**Exercise data**

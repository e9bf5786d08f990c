-- ===== src/Bytecode/Verifier/Functions.antt =====
-- What the walks through the functions leave in the constants.
use mathlib.Core.Path.{subst}
use gengo.Prelude.{
  ◌≢◌, ℕ, ◌+◌, ◌≤◌, ◌<◌, ◌≡◌, ◌⊎◌, inl, inr, refl, sym, ap, ◌∙◌, List, [], ◌∷◌, Bool, true, false,
  ◌&&◌, Option, none, some, ltb, leb, ◌==◌, ==_iff, arith, Bool-cases,
}
use gengo.Bytecode.Checked.{
  ok, ◌>>=◌, ◌>>◌, refuse_if, invalid_bytecode, stack_overflow, on_ok, on_pass,
}
use gengo.Bytecode.Decoder.{Code}
use gengo.Bytecode.Scan.{has}
use gengo.Bytecode.Walk.{Entry, run}
use gengo.Bytecode.Walk.Paths.{In}
use gengo.Bytecode.Walk.Same.{run-same}
use gengo.Bytecode.Verifier.{FuncObj, entry_of, func_bodies, stamp, run_bodies}

-- Every function whose body stands at an instruction is among the bodies.
pub func_bodies-In :
    (s : Code) (starts : List Bool) (found : ℕ) (consts : List (Option FuncObj))
    (bodies : List Entry) (f : FuncObj)
    → func_bodies s starts found consts ≡ ok bodies
    → In (some f) consts
    → f.ip < s.code_len
    → has starts f.ip ≡ true
    → In (entry_of f) bodies
unfolding func_bodies
func_bodies-In s starts found [] bodies f h m lt at_mark = elim m [ ]
func_bodies-In s starts found (none ∷ consts) bodies f h (inl e) lt at_mark = absurd (cc)
func_bodies-In s starts found (none ∷ consts) bodies f h (inr m) lt at_mark =
    func_bodies-In s starts found consts bodies f h m lt at_mark
func_bodies-In s starts found (some g ∷ consts) bodies f h m lt at_mark =
    elim (Bool-cases (ltb g.ip s.code_len && has starts g.ip)) [
      | inl taken ↦
          on_pass (leb 4096 found) invalid_bytecode
            (func_bodies s starts (found + 1) consts >>= λ bs. ok (entry_of g ∷ bs)) (rw taken at h)
            λ room h1.
              on_ok (func_bodies s starts (found + 1) consts)
                (λ (bs : List Entry). ok (entry_of g ∷ bs)) h1
                λ bs h2 e.
                  let same : entry_of g ∷ bs ≡ bodies = cc in
                  subst (λ (l : List Entry). In (entry_of f) l) same
                    (elim m [
                      | inl first ↦ inl (let f_is : f ≡ g = cc in ap entry_of f_is)
                      | inr further ↦
                          inr
                            (func_bodies-In s starts (found + 1) consts bs f h2 further lt at_mark)
                    ])
      | inr skipped ↦
          func_bodies-In s starts found consts bodies f (rw skipped at h)
            (elim m [
              | inl first ↦
                  let f_is : f ≡ g = cc in
                  let left_out =
                    subst (λ (k : FuncObj). (ltb k.ip s.code_len && has starts k.ip) ≡ false)
                      (sym f_is) skipped in
                  absurd (ground arith)
              | inr further ↦ further
            ])
            lt at_mark
    ]

-- Every function at an address has a depth.
abbrev pub Stamped : ℕ → ℕ → List (Option FuncObj) → Type 0
Stamped ip max consts = (g : FuncObj) → In (some g) consts → g.ip ≡ ip → g.max_stack ≡ max

-- A function of the new list is one of the old list but for its depth.
abbrev pub SameBut : FuncObj → FuncObj → Type 0
SameBut g f = (g.ip ≡ f.ip) × (g.arity ≡ f.arity) × (g.capture_count ≡ f.capture_count)

stamp-In :
    (ip max : ℕ) (consts : List (Option FuncObj)) (g : FuncObj)
    → In (some g) (stamp ip max consts)
    → (f : FuncObj) × In (some f) consts
      × SameBut g f
      × (((f.ip ≡ ip) × (g.max_stack ≡ max)) ⊎ ((f.ip ≢ ip) × (g.max_stack ≡ f.max_stack)))
unfolding stamp
stamp-In ip max [] g m = elim m [ ]
stamp-In ip max (none ∷ consts) g (inl e) = absurd (cc)
stamp-In ip max (none ∷ consts) g (inr m) =
    let (f, was, same, depth) = stamp-In ip max consts g m in (f, inr was, same, depth)
stamp-In ip max (some f ∷ consts) g (inl e) = elim (Bool-cases (f.ip == ip)) [
  | inl here ↦
      let e' : some g ≡ some (record f { max_stack = max }) = rw here at e in
      let same : g ≡ record f { max_stack = max } = cc in
      (
        f,
        inl refl,
        (
          ap (λ (k : FuncObj). k.ip) same,
          ap (λ (k : FuncObj). k.arity) same,
          ap (λ (k : FuncObj). k.capture_count) same,
        ),
        inl ((==_iff f.ip ip).0 here, ap (λ (k : FuncObj). k.max_stack) same),
      )
  | inr there ↦
      let e' : some g ≡ some f = rw there at e in
      let same : g ≡ f = cc in
      (
        f,
        inl refl,
        (
          ap (λ (k : FuncObj). k.ip) same,
          ap (λ (k : FuncObj). k.arity) same,
          ap (λ (k : FuncObj). k.capture_count) same,
        ),
        inr (ground arith, ap (λ (k : FuncObj). k.max_stack) same),
      )
]
stamp-In ip max (some f ∷ consts) g (inr m) =
    let (k, was, same, depth) = stamp-In ip max consts g m in (k, inr was, same, depth)

stamp-Stamped : (ip max : ℕ) (consts : List (Option FuncObj)) → Stamped ip max (stamp ip max consts)
stamp-Stamped ip max consts g m at =
    let (f, was, same, depth) = stamp-In ip max consts g m in
    elim depth [ inl here ↦ here.1 | inr there ↦ absurd (there.0 (sym same.0 ∙ at)) ]

stamp-keep :
    (ip max other m : ℕ) (consts : List (Option FuncObj))
    → (other ≡ ip → m ≡ max)
    → Stamped ip max consts
    → Stamped ip max (stamp other m consts)
stamp-keep ip max other m consts agree all g i at =
    let (f, was, same, depth) = stamp-In other m consts g i in
    elim depth [
      | inl here ↦ here.1 ∙ agree (sym here.0 ∙ sym same.0 ∙ at)
      | inr there ↦ there.1 ∙ all f was (sym same.0 ∙ at)
    ]

-- The walks through the bodies, one after another.
pub data Stamps (s : Code) (starts : List Bool)
    : List Entry → List (Option FuncObj) → List (Option FuncObj) → Type 0 where
  ends : {consts out : List (Option FuncObj)} → consts ≡ out → Stamps s starts [] consts out
  walks :
      {bodies : List Entry} {consts out : List (Option FuncObj)} (e : Entry) (max : ℕ)
      → run s starts e ≡ ok max
      → max ≤ 65535
      → Stamps s starts bodies (stamp e.entry_ip max consts) out
      → Stamps s starts (e ∷ bodies) consts out

pub run_bodies-Stamps :
    (s : Code) (starts : List Bool) (bodies : List Entry) (consts out : List (Option FuncObj))
    → run_bodies s starts bodies consts ≡ ok out
    → Stamps s starts bodies consts out
unfolding run_bodies
run_bodies-Stamps s starts [] consts out h = ends (cc)
run_bodies-Stamps s starts (e ∷ bodies) consts out h =
    on_ok (run s starts e)
      (λ (max : ℕ).
        refuse_if (ltb 65535 max) stack_overflow
        >> run_bodies s starts bodies (stamp e.entry_ip max consts))
      h
      λ max ran h1.
        on_pass (ltb 65535 max) stack_overflow
          (run_bodies s starts bodies (stamp e.entry_ip max consts)) h1
          λ low h2.
            walks e max ran (ground arith)
              (run_bodies-Stamps s starts bodies (stamp e.entry_ip max consts) out h2)

module _ {s : Code} {starts : List Bool} where
  -- A function of the new list is one of the old list.
  pub Stamps-In :
      {bodies : List Entry} {consts out : List (Option FuncObj)}
      → Stamps s starts bodies consts out
      → (g : FuncObj) → In (some g) out
      → (f : FuncObj) × In (some f) consts × SameBut g f
  Stamps-In (ends e) g m =
      (g, subst (λ (l : List (Option FuncObj)). In (some g) l) (sym e) m, (refl, refl, refl))
  Stamps-In {consts = consts} (walks e max ran low r) g m =
      let (k, was, same) = Stamps-In r g m in
      let (f, before, same', depth) = stamp-In e.entry_ip max consts k was in
      (f, before, (same.0 ∙ same'.0, same.1 ∙ same'.1, same.2 ∙ same'.2))

  Stamps-keep :
      {bodies : List Entry} {consts out : List (Option FuncObj)} (e : Entry) (max : ℕ)
      → Stamps s starts bodies consts out
      → run s starts e ≡ ok max
      → Stamped e.entry_ip max consts
      → Stamped e.entry_ip max out
  Stamps-keep e max (ends same) ran all =
      subst (λ (l : List (Option FuncObj)). Stamped e.entry_ip max l) same all
  Stamps-keep {consts = consts} e max (walks other m went low r) ran all = Stamps-keep e max r ran (
      stamp-keep e.entry_ip max other.entry_ip m consts
        (λ at. run-same s starts other e m max at went ran) all)

  -- Each body was walked through, and its functions have the depth that was found.
  pub Stamps-Stamped :
      {bodies : List Entry} {consts out : List (Option FuncObj)}
      → Stamps s starts bodies consts out
      → (e : Entry) → In e bodies
      → (max : ℕ) × (run s starts e ≡ ok max) × (max ≤ 65535) × Stamped e.entry_ip max out
  Stamps-Stamped (ends same) e m = elim m [ ]
  Stamps-Stamped {consts = consts} {out} (walks first max ran low r) e (inl same) =
      subst
        (λ (k : Entry).
          (max : ℕ) × (run s starts k ≡ ok max) × (max ≤ 65535) × Stamped k.entry_ip max out)
        (sym same)
        (max, ran, low, Stamps-keep first max r ran (stamp-Stamped first.entry_ip max consts))
  Stamps-Stamped (walks first max ran low r) e (inr m) = Stamps-Stamped r e m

**What is expected**
The required output is every line above from the one with "let e' : some g ≡ some f" down to the one with "other m consts)", restated word for word, ends included.

**Reply to the task**
      let e' : some g ≡ some f = rw there at e in
      let same : g ≡ f = cc in
      (
        f,
        inl refl,
        (
          ap (λ (k : FuncObj). k.ip) same,
          ap (λ (k : FuncObj). k.arity) same,
          ap (λ (k : FuncObj). k.capture_count) same,
        ),
        inr (ground arith, ap (λ (k : FuncObj). k.max_stack) same),
      )
]
stamp-In ip max (some f ∷ consts) g (inr m) =
    let (k, was, same, depth) = stamp-In ip max consts g m in (k, inr was, same, depth)

stamp-Stamped : (ip max : ℕ) (consts : List (Option FuncObj)) → Stamped ip max (stamp ip max consts)
stamp-Stamped ip max consts g m at =
    let (f, was, same, depth) = stamp-In ip max consts g m in
    elim depth [ inl here ↦ here.1 | inr there ↦ absurd (there.0 (sym same.0 ∙ at)) ]

stamp-keep :
    (ip max other m : ℕ) (consts : List (Option FuncObj))
    → (other ≡ ip → m ≡ max)
    → Stamped ip max consts
    → Stamped ip max (stamp other m consts)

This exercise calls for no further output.